From the BNA Daily Labor Report this morning:

The Employee Retirement Income Security Act does not preempt a San Francisco ordinance that requires medium and large employers in the city to make minimum health care expenditures on behalf of covered employees, either by paying into their own employee benefits plans or into a fund maintained and administered by the city, the Ninth Circuit holds . . . .

Writing for the court, Judge Fletcher says ERISA preemption is limited in areas that historically are matters of local concern, that employers subject to the city ordinance law lacked the sort of discretion that would render the program an ERISA plan, and that the ordinance does not “relate to” a benefit plan covered by ERISA.

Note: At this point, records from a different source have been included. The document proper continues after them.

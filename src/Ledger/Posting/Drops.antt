-- ===== src/Ledger/Posting/Drops.antt =====
-- The reservation drops of a batch in backend/ledger_service/service/posting.py: what the walk takes off
-- a user's floor is in the sum that the floors start with.
use cs.Base.{
  ℕ, zero, suc, ap, ◌+◌, ◌*◌, ◌/◌, ◌^◌, ◌-◌, ◌≡◌, refl, Bool, true, false, List, [], ◌∷◌, ◌==◌,
  ◌||◌, any, if◌then◌else◌, arith, Bool-cases, inl, inr, ==→eq, ◌∙◌,
}
use native.Mathlib.Nat.{div-eq_of_lt}
use cs.Base.Int.{ℤ, pos, ◌+ℤ◌, ◌≤ℤ◌, ◌*ℤ◌, int_laws}
use cs.Base.Dict.{Dict, lookup-insert, member}
use cs.Base.Decimal.{Decimal, quantize, half_up, is_zero, is_negative}
use cs.Ledger.Rows.{Account}
use cs.Ledger.Posting.Legs.{
  Leg, Movement, net_by_account, is_user, user_account_ids_of, users_from, add_to_set,
  has_malformed_drop, is_malformed_for, quantized_legs,
}
use cs.Ledger.Posting.Floors.{or_zero, drop_of, add_drop, drops_by_account}
use cs.Ledger.Posting.Nets.{taken, taken_of_batch, taken-net_by_account, names, taken-unnamed}
use cs.Ledger.Posting.{batch_legs}

pub parts_of_or : (a b : Bool) → (a || b) ≡ false → (a ≡ false) × (b ≡ false)
parts_of_or a b h = ground arith

quantize_nonneg : (a : Decimal) → is_negative a ≡ false → pos 0 ≤ℤ quantize a
unfolding quantize half_up ◌*ℤ◌
quantize_nonneg a h = ground arith

half_of_none : (d : ℕ) → (2 * 0 + d) / (2 * d) ≡ 0
half_of_none zero = refl
half_of_none (suc d) = div-eq_of_lt (omega arith)

half_up_zero : (n : ℤ) (d : ℕ) → n ≡ pos 0 → half_up n d ≡ pos 0
unfolding half_up
half_up_zero n d h = rw h (ap pos (half_of_none d))

quantize_zero : (a : Decimal) → is_zero a ≡ true → quantize a ≡ pos 0
unfolding quantize ◌*ℤ◌
quantize_zero a h = ground (arith, half_up_zero a.coefficient (10 ^ (a.places - 4)))

pub malformed_drop :
    (account : ℕ → Account) (m : Movement)
    → has_malformed_drop account m ≡ false
    → pos 0 ≤ℤ quantize m.reservation_drop
unfolding has_malformed_drop
malformed_drop account m h =
    ground (arith, quantize_nonneg m.reservation_drop, quantize_zero m.reservation_drop)

names-quantized_legs :
    (j : ℕ) (legs : List (Leg Decimal)) → names j (quantized_legs legs) ≡ names j legs
unfolding quantized_legs
names-quantized_legs j [] = refl
names-quantized_legs j (leg ∷ rest) = rw (names-quantized_legs j rest) refl

pub add_to_set-member :
    (j x : ℕ) (xs : List ℕ) → member j (add_to_set x xs) ≡ ((x == j) || member j xs)
unfolding add_to_set member
add_to_set-member j x [] = ground arith
add_to_set-member j x (y ∷ ys) = grind (arith, add_to_set-member j x ys)

module _ (account : ℕ → Account) {A : Type 0} where
  users_kept :
      (j : ℕ) (found : List ℕ) (legs : List (Leg A))
      → member j found ≡ true
      → member j (users_from account found legs) ≡ true
  unfolding users_from
  users_kept j found [] h = h
  users_kept j found (leg ∷ rest) h = elim (Bool-cases (is_user (account leg.account_id).kind)) [
    | inl e ↦ rw e (
        users_kept j (add_to_set leg.account_id found) rest
          (grind (arith, add_to_set-member j leg.account_id found)))
    | inr e ↦ rw e (users_kept j found rest h)
  ]

  users_named :
      (j : ℕ) (legs : List (Leg A)) (found : List ℕ)
      → is_user (account j).kind ≡ true
      → names j legs ≡ true
      → member j (users_from account found legs) ≡ true
  unfolding users_from
  users_named j [] found user h = absurd cc
  users_named j (leg ∷ rest) found user h = elim (Bool-cases (leg.account_id == j)) [
    | inl e ↦
        let same = ==→eq leg.account_id j e in
        rw (same, user)
          (users_kept j (add_to_set j found) rest (grind (arith, add_to_set-member j j found)))
    | inr e ↦ users_named j rest _ user (rw e at h)
  ]

drop_of-add_drop :
    (j a : ℕ) (dropped : ℤ) (d : Dict ℤ)
    → drop_of (add_drop d (a ∷ []) dropped) j ≡ drop_of d j +ℤ (if a == j then dropped else pos 0)
drop_of-add_drop j a dropped d =
    ap or_zero (lookup-insert j a (drop_of d a +ℤ dropped) d) ∙ elim (Bool-cases (a == j)) [
      | inl e ↦ let same = ==→eq a j e in rw (e, same) refl
      | inr e ↦ rw e (grind int_laws)
    ]

single_user :
    (m : Movement) (users : List ℕ) → is_malformed_for m users ≡ false → (a : ℕ) × (users ≡ a ∷ [])
single_user m [] h = absurd cc
single_user m (a ∷ []) h = (a, refl)
single_user m (a ∷ b ∷ rest) h = absurd cc

users-single :
    (account : ℕ → Account) (m : Movement) (j : ℕ) {a : ℕ}
    → is_user (account j).kind ≡ true
    → names j m.legs ≡ true
    → user_account_ids_of account m.legs ≡ a ∷ []
    → (a == j) ≡ true
unfolding user_account_ids_of member
users-single account m j user named single =
    let among = users_named account j m.legs [] user named in grind (arith, rw single at among)

users-of_drop :
    (account : ℕ → Account) (m : Movement)
    → is_zero m.reservation_drop ≡ false
    → has_malformed_drop account m ≡ false
    → (a : ℕ) × (user_account_ids_of account m.legs ≡ a ∷ [])
unfolding has_malformed_drop
users-of_drop account m real malformed =
    single_user m (user_account_ids_of account m.legs) (ground (arith, rw real at malformed))

-- What one movement takes off the floor of `j`, its drop has added to the sum.
module _ (account : ℕ → Account) (j : ℕ) (user : is_user (account j).kind ≡ true) where
  taken_below :
      (m : Movement) (a : ℕ)
      → pos 0 ≤ℤ quantize m.reservation_drop
      → user_account_ids_of account m.legs ≡ a ∷ []
      → taken j (quantize m.reservation_drop) (net_by_account ◌+ℤ◌ (quantized_legs m.legs))
        ≤ℤ (if a == j then quantize m.reservation_drop else pos 0)
  taken_below m a nonneg single =
      let bounded =
        taken-net_by_account j (quantize m.reservation_drop) (quantized_legs m.legs) nonneg in
      elim (Bool-cases (names j m.legs)) [
        | inl named ↦ rw (users-single account m j user named single) bounded
        | inr unnamed ↦
            rw
              (taken-unnamed j (quantize m.reservation_drop) (quantized_legs m.legs)
                (names-quantized_legs j m.legs ∙ unnamed))
              (ground (arith, nonneg))
      ]

  abbrev after_drop : Movement → Dict ℤ → Dict ℤ
  after_drop m d =
      if is_zero m.reservation_drop
      then d
      else add_drop d (user_account_ids_of account m.legs) (quantize m.reservation_drop)

  covered :
      (m : Movement) (d : Dict ℤ)
      → has_malformed_drop account m ≡ false
      → drop_of d j
          +ℤ taken j (quantize m.reservation_drop) (net_by_account ◌+ℤ◌ (quantized_legs m.legs))
        ≤ℤ drop_of (after_drop m d) j
  covered m d malformed =
      let nonneg = malformed_drop account m malformed in
      elim (Bool-cases (is_zero m.reservation_drop)) [
        | inl zero_drop ↦
            let none_taken = quantize_zero m.reservation_drop zero_drop in
            let bounded =
              taken-net_by_account j (quantize m.reservation_drop) (quantized_legs m.legs) nonneg in
            rw zero_drop (grind (int_laws, none_taken, bounded))
        | inr real ↦
            let (a, single) = users-of_drop account m real malformed in
            let added = drop_of-add_drop j a (quantize m.reservation_drop) d in
            rw (real, single, added) (grind (int_laws, taken_below m a nonneg single))
      ]

  pub drops-cover :
      (movements : List Movement) (d : Dict ℤ)
      → any (has_malformed_drop account) movements ≡ false
      → drop_of d j +ℤ taken_of_batch j (batch_legs movements)
        ≤ℤ drop_of (drops_by_account account d (batch_legs movements)) j
  unfolding drops_by_account taken_of_batch batch_legs
  drops-cover [] d h = grind int_laws
  drops-cover (m ∷ rest) d h =
      let (one, others) = parts_of_or _ _ h in
      let first = covered m d one in
      let later = drops-cover rest (after_drop m d) others in grind (int_laws, first, later)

The case has been watched closely by employer representatives and employee groups, which predicted the decision could have wide-ranging implications for the future of health care funding. San Francisco Mayor Gavin Newsom in a statement calls the ruling ”a huge victory for this city and the 46 million Americans who don’t have health insurance.” Business groups, however, call the decision “devastating” for small business owners.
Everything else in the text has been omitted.